> _TASK TO COMPLETE_
In the records below, the line with "answer_leaves _ _ (λ a e. still)" opens the range and the line with "assign_joins (suc n)" closes it; print that range exactly and nothing else.

START SUPPLIED MATERIAL

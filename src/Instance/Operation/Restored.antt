-- ===== src/Instance/Operation/Restored.antt =====
-- The disk operations bring the instance back to the status that they found it in.
use mathlib.Core.Path.{subst}
use terraform_provider_linod.Prelude.Runs.{
  after, explained, or_fail, done, ◌>>=◌, ◌>>◌, Sure, Sure-holds, Sure-explained, Sure-done,
  Sure-fail, Sure-step, Sure-after, Sure-map,
}
use terraform_provider_linod.Prelude.{
  ℕ, String, Bool, true, false, ◌≡◌, refl, sym, ◌∙◌, ◌⊎◌, inl, inr, List, [], ◌∷◌, Result, ok, err,
  nat_eq,
}
use terraform_provider_linod.Instance.{
  Status, offline, running, Disk, Call, list_instance_disks, get_instance, Client, History, Run,
  Ack, ask_disks,
}
use terraform_provider_linod.Instance.Semantics.{PowerSemantics, KeepsPower}
use terraform_provider_linod.Instance.Power.{wait_for_instance_non_transient_status, settle}
use terraform_provider_linod.Instance.Power.Reached.{boot_reaches}
use terraform_provider_linod.Instance.Operation.{
  attempt, stop_if_running, boot_if_stopped, run_disk_operation, check_size, resize_disk,
  resize_disk_sync, remove_disk,
}
use terraform_provider_linod.Instance.Operation.Power.{stop_if-reaches}

abbrev pub IsFinal : Status → Type 0
IsFinal s = (s ≡ running) ⊎ (s ≡ offline)

module _ {client : Client} {id : ℕ} {status_of : History → Status}
    (semantics : PowerSemantics client id status_of) where
  abbrev HasStatus : {A : Type 0} → Status → A → History → Type 0
  HasStatus s a h = status_of h ≡ s

  abbrev Same : Status → Status → History → Type 0
  Same s t h = (t ≡ s) × (status_of h ≡ s)

  Same-settle :
      (s : Status) (h : History)
      → IsFinal s
      → status_of h ≡ s
      → Sure (Same s) (settle client id s h)
  Same-settle s h (inl r) e = rw r (Sure-done _ _ _ (refl, e ∙ r))
  Same-settle s h (inr o) e = rw o (Sure-done _ _ _ (refl, e ∙ o))

  -- A status that is not transient is returned as it is.
  final_settles :
      (s : Status) (h : History)
      → IsFinal s
      → status_of h ≡ s
      → Sure (Same s) (wait_for_instance_non_transient_status client id h)
  unfolding wait_for_instance_non_transient_status
  final_settles s h final e = Sure-step _ _ _ _ _ (λ i a.
      let t = semantics.told h i a in
      let same = t.0 ∙ semantics.kept _ _ tt ∙ e in
      subst (λ n. Sure (Same s) (settle client n i.status (get_instance id ∷ h))) (sym t.1)
        (subst (λ u. Sure (Same s) (settle client id u (get_instance id ∷ h))) (sym same)
          (Same-settle s _ final (semantics.kept _ _ tt ∙ e))))

  -- Nothing is booted when the API lists no disk.
  abbrev pub NoDisks : History → Type 0
  NoDisks [] = ⊥
  NoDisks (c ∷ h) = client.answers_disks c h ≡ ok []

  abbrev pub Restored : Status → {A : Type 0} → A → History → Type 0
  Restored s a h = (status_of h ≡ s) ⊎ NoDisks h

  boot_if-restores :
      (disks : List Disk) (s : Status) (h : History)
      → client.answers_disks (list_instance_disks id) h ≡ ok disks
      → IsFinal s
      → status_of h ≡ offline
      → Sure (Restored s) (boot_if_stopped client disks id s (list_instance_disks id ∷ h))
  boot_if-restores [] s h listed final e = Sure-done _ _ _ (inr listed)
  boot_if-restores (d ∷ disks) s h listed (inl r) e =
      rw r (Sure-explained _ _ _ (Sure-map _ _ _ (λ a h1 b. inl b) (boot_reaches semantics 0 _)))
  boot_if-restores (d ∷ disks) s h listed (inr o) e =
      rw o (Sure-done _ _ _ (inl (semantics.kept _ _ tt ∙ e)))

  abbrev finish : {A : Type 0} → Status → A → Run A
  finish s result =
      or_fail "Failed to list instance disks after operation"
        (ask_disks client (list_instance_disks id))
      >>= (λ disks. boot_if_stopped client disks id s >> done result)

  finish-restores :
      {A : Type 0} (s : Status) (result : A) (h : History)
      → IsFinal s
      → status_of h ≡ offline
      → Sure (Restored s) (finish s result h)
  finish-restores s result h final off = Sure-step _ _ _ _ _ (λ disks listed.
      Sure-after _ _ _ _ (boot_if-restores disks _ h listed final off)
        (λ b h4 restored. Sure-done _ _ _ restored))

  -- An operation that leaves an instance offline is undone around.
  run-restores :
      {A : Type 0} (skip : Bool) (op : Run A) (h : History)
      → ((h1 : History) → status_of h1 ≡ offline → Sure (HasStatus offline) (op h1))
      → IsFinal (status_of h)
      → Sure (Restored (status_of h)) (run_disk_operation client skip id op h)
  unfolding run_disk_operation
  run-restores skip op h op-offline final =
      Sure-after _ _ _ _ (Sure-explained _ _ _ (final_settles _ h final refl)) (λ t h1 settled.
        subst
          (λ u.
            Sure (Restored (status_of h))
              ((stop_if_running client u skip id >> (op >>= finish u)) h1))
          (sym settled.0)
          (Sure-after _ (HasStatus offline) _ _
            (stop_if-reaches semantics _ skip h1 (settled.1, final))
            (λ a h2 stopped.
              Sure-after _ _ _ _ (op-offline h2 stopped)
                (λ result h3 off. finish-restores _ result h3 final off))))

  still :
      {c : Call} {h : History} → KeepsPower c → status_of h ≡ offline → status_of (c ∷ h) ≡ offline
  still keeps off = semantics.kept _ _ keeps ∙ off

  check_size-offline :
      (wrong : Bool) (h : History)
      → status_of h ≡ offline
      → Sure (HasStatus offline) (check_size client wrong h)
  check_size-offline true h off = Sure-fail _ _ _
  check_size-offline false h off = Sure-done _ _ _ off

  resize-offline :
      (disk size : ℕ) (h : History)
      → status_of h ≡ offline
      → Sure (HasStatus offline) (resize_disk client id disk size h)
  unfolding resize_disk
  resize-offline disk size h off = Sure-step _ _ _ _ _ (λ d e1. Sure-step _ _ _ _ _ (λ a e2.
      Sure-step _ _ _ _ _ (λ b e3. Sure-step _ _ _ _ _ (λ c e4. Sure-step _ _ _ _ _ (λ u e5.
        check_size-offline _ _ (still tt (still tt (still tt (still tt (still tt off))))))))))

  -- The deletion leaves the instance offline when it fails, too.
  step-offline :
      {A B : Type 0} (message : String) (answer : Result String A) (f : A → Run B) (h : History)
      → status_of h ≡ offline
      → ((a : A) → status_of (f a h).1 ≡ offline)
      → status_of (after f (explained message (answer, h))).1 ≡ offline
  unfolding after explained
  step-offline message (ok a) f h off next = next a
  step-offline message (err e) f h off next = off

  explained-offline :
      {A : Type 0} (message : String) (answer : Result String A) (h : History)
      → status_of h ≡ offline
      → status_of (explained message (answer, h)).1 ≡ offline
  unfolding explained
  explained-offline message (ok a) h off = off
  explained-offline message (err e) h off = off

  remove-offline :
      (disk : ℕ) (h : History)
      → status_of h ≡ offline
      → status_of (remove_disk client id disk h).1 ≡ offline
  unfolding remove_disk
  remove-offline disk h off = step-offline _ _ _ _ (still tt off) (λ a.
      step-offline _ _ _ _ (still tt (still tt off))
        (λ b. explained-offline _ _ _ (still tt (still tt (still tt off)))))

  -- If the API keeps to the power semantics and the instance is running or offline, the operation
  -- of a deletion that succeeds leaves it in that status whether the disk was deleted or not,
  -- unless the API lists no disk afterwards.
  pub delete_disk_restores :
      (skip : Bool) (disk : ℕ) (h h' : History) (deleted : Result String Ack)
      → IsFinal (status_of h)
      → run_disk_operation client skip id (attempt (remove_disk client id disk)) h
        ≡ (ok deleted, h')
      → (status_of h' ≡ status_of h) ⊎ NoDisks h'
  delete_disk_restores skip disk h h' deleted final e =
      Sure-holds (Restored (status_of h))
        (run-restores skip _ h (λ h1 off. Sure-done _ _ _ (remove-offline disk h1 off)) final) e

  -- If the API keeps to the power semantics and the instance is running or offline, a resize of a
  -- disk that succeeds leaves it in that status, unless the API lists no disk afterwards.
  pub resize_disk_sync_restores :
      (skip : Bool) (disk size : ℕ) (h h' : History) (a : Ack)
      → IsFinal (status_of h)
      → resize_disk_sync client skip id disk size h ≡ (ok a, h')
      → (status_of h' ≡ status_of h) ⊎ NoDisks h'
  unfolding resize_disk_sync
  resize_disk_sync_restores skip disk size h h' a final e =
      Sure-holds (Restored (status_of h)) (run-restores skip _ h (resize-offline disk size) final) e
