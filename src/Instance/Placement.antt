-- ===== src/Instance/Placement.antt =====
-- reassignPlacementGroup and applyInstanceMigration of linode/instance/helpers.go.
use terraform_provider_linod.Prelude.Runs.{
  done, ◌>>◌, or_fail, Sure, Sure-holds, Sure-done, Sure-explained, Sure-last, Sure-after,
}
use terraform_provider_linod.Prelude.{
  ℕ, String, Bool, true, false, ◌≡◌, ◌≢◌, ◌∙◌, ◌⊎◌, inl, inr, arith, refl, zero, suc, Option,
  Result, ok, err, ◌∷◌, if◌then◌else◌,
}
use terraform_provider_linod.Instance.{
  Instance, Migration, linode_migrate_datacenter, get_instance, new_event_poller, wait_for_finished,
  migrate_instance, unassign_placement_group, assign_placement_group, Client, History, Run, Ack,
  act, ask_instance,
}

module _ (client : Client) where
  unfoldable pub apply_instance_migration : Migration → Instance → String → Run Instance
  apply_instance_migration migration_type i target_region = do
    or_fail "failed to initialize event poller "
        (act client (new_event_poller i.id linode_migrate_datacenter))
    or_fail "failed to migrate instance "
        (act client (migrate_instance i.id target_region migration_type))
    or_fail "failed to wait for instance "
        (act client (wait_for_finished i.id linode_migrate_datacenter))
    or_fail "failed to refresh instance " (ask_instance client (get_instance i.id))

  -- `is_not_found` tells linodego's errors of a missing group.
  module _ (is_not_found : String → Bool) where
    abbrev pub skip_missing : Result String Ack × History → Result String Ack × History
    skip_missing (ok a, h) = (ok a, h)
    skip_missing (err e, h) = (if is_not_found e then ok tt else err e, h)

    -- 0 is no group.
    abbrev pub attempt_unassign : ℕ → ℕ → Run Ack
    attempt_unassign inst_id zero h = done tt h
    attempt_unassign inst_id (suc n) h =
        skip_missing (act client (unassign_placement_group (suc n) inst_id) h)

    abbrev pub attempt_assign : ℕ → ℕ → Option Bool → Run Ack
    attempt_assign inst_id zero compliant_only = done tt
    attempt_assign inst_id (suc n) compliant_only =
        act client (assign_placement_group (suc n) inst_id compliant_only)

    unfoldable pub reassign_placement_group : ℕ → ℕ → ℕ → Option Bool → Run Ack
    reassign_placement_group inst_id old_pg_id new_pg_id compliant_only = do
      or_fail "failed to unassign Linode from Placement Group: "
          (attempt_unassign inst_id old_pg_id)
      or_fail "failed to assign Linode to Placement Group: "
          (attempt_assign inst_id new_pg_id compliant_only)

-- What the code relies on the API for. An assignment joins the group, and an unassignment leaves it. An
-- unassignment from a group that the instance is not in changes nothing, and the API answers one with not
-- found only then. `group_of` is 0 outside any group.
pub record PlacementSemantics (client : Client) (is_not_found : String → Bool) (id : ℕ)
    (group_of : History → ℕ) : Type 0 where
  pub assigned :
      (pg : ℕ) (compliant_only : Option Bool) (h : History) (a : Ack)
      → group_of h ≡ 0
      → client.acts (assign_placement_group pg id compliant_only) h ≡ ok a
      → group_of (assign_placement_group pg id compliant_only ∷ h) ≡ pg
  pub unassigned :
      (pg : ℕ) (h : History) (a : Ack)
      → group_of h ≡ pg
      → client.acts (unassign_placement_group pg id) h ≡ ok a
      → group_of (unassign_placement_group pg id ∷ h) ≡ 0
  pub elsewhere :
      (pg : ℕ) (h : History)
      → group_of h ≢ pg
      → group_of (unassign_placement_group pg id ∷ h) ≡ group_of h
  pub missing :
      (pg : ℕ) (h : History) (e : String)
      → client.acts (unassign_placement_group pg id) h ≡ err e
      → is_not_found e ≡ true
      → group_of h ≢ pg

module _ {client : Client} {is_not_found : String → Bool} {id : ℕ} {group_of : History → ℕ}
    (semantics : PlacementSemantics client is_not_found id group_of) where
  abbrev InGroup : ℕ → Ack → History → Type 0
  InGroup pg a h = group_of h ≡ pg

  skip_leaves :
      (b : Bool) (e : String) (h : History)
      → (b ≡ true → group_of h ≡ 0)
      → Sure (InGroup 0) (if b then ok tt else err e, h)
  unfolding Sure
  skip_leaves true e h left = left refl
  skip_leaves false e h left = tt

  answer_leaves :
      (answer : Result String Ack) (h : History)
      → ((a : Ack) → answer ≡ ok a → group_of h ≡ 0)
      → ((e : String) → answer ≡ err e → is_not_found e ≡ true → group_of h ≡ 0)
      → Sure (InGroup 0) (skip_missing client is_not_found (answer, h))
  answer_leaves (ok a) h gone absent = Sure-done _ _ _ (gone a refl)
  answer_leaves (err e) h gone absent = skip_leaves (is_not_found e) e h (absent e refl)

  -- From no group, or from the group itself, an unassignment leads to no group.
  unassign_leaves :
      (pg : ℕ) (h : History)
      → (group_of h ≡ pg) ⊎ (group_of h ≡ 0)
      → Sure (InGroup 0) (attempt_unassign client is_not_found id pg h)
  unassign_leaves zero h (inl in_group) = Sure-done _ _ _ in_group
  unassign_leaves zero h (inr out) = Sure-done _ _ _ out
  unassign_leaves (suc n) h (inl in_group) =
      answer_leaves _ _ (λ a e. semantics.unassigned (suc n) h a in_group e)
        (λ m e f. absurd (semantics.missing (suc n) h m e f in_group))
  unassign_leaves (suc n) h (inr out) =
      let still : group_of (unassign_placement_group (suc n) id ∷ h) ≡ 0 =
        semantics.elsewhere (suc n) h (λ e. absurd (ground (arith, e, out))) ∙ out in
      answer_leaves _ _ (λ a e. still) (λ m e f. still)

  assign_joins :
      (pg : ℕ) (compliant_only : Option Bool) (h : History)
      → group_of h ≡ 0
      → Sure (InGroup pg) (attempt_assign client is_not_found id pg compliant_only h)
  assign_joins zero compliant_only h out = Sure-done _ _ _ out
  assign_joins (suc n) compliant_only h out =
      Sure-last _ _ _ (λ a e. semantics.assigned (suc n) compliant_only h a out e)

  -- If the API keeps to the semantics of placement groups and the instance is in the old group, or by now
  -- in none, as where the old group was deleted, a reassignment that succeeds leaves it in the new group,
  -- or in none where that is 0.
  pub reassign_placement_group_joins :
      (old new : ℕ) (compliant_only : Option Bool) (h h' : History) (a : Ack)
      → (group_of h ≡ old) ⊎ (group_of h ≡ 0)
      → reassign_placement_group client is_not_found id old new compliant_only h ≡ (ok a, h')
      → group_of h' ≡ new
  unfolding reassign_placement_group
  reassign_placement_group_joins old new compliant_only h h' a start e =
      Sure-holds (InGroup new)
        (Sure-after _ (InGroup 0) _ _ (Sure-explained _ _ _ (unassign_leaves old h start))
          (λ b h1 out. Sure-explained _ _ _ (assign_joins new compliant_only h1 out)))
        e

END SUPPLIED MATERIAL

> _REPLY TO THE EXERCISE_
      answer_leaves _ _ (λ a e. still) (λ m e f. still)

  assign_joins :
      (pg : ℕ) (compliant_only : Option Bool) (h : History)
      → group_of h ≡ 0
      → Sure (InGroup pg) (attempt_assign client is_not_found id pg compliant_only h)
  assign_joins zero compliant_only h out = Sure-done _ _ _ out
  assign_joins (suc n) compliant_only h out =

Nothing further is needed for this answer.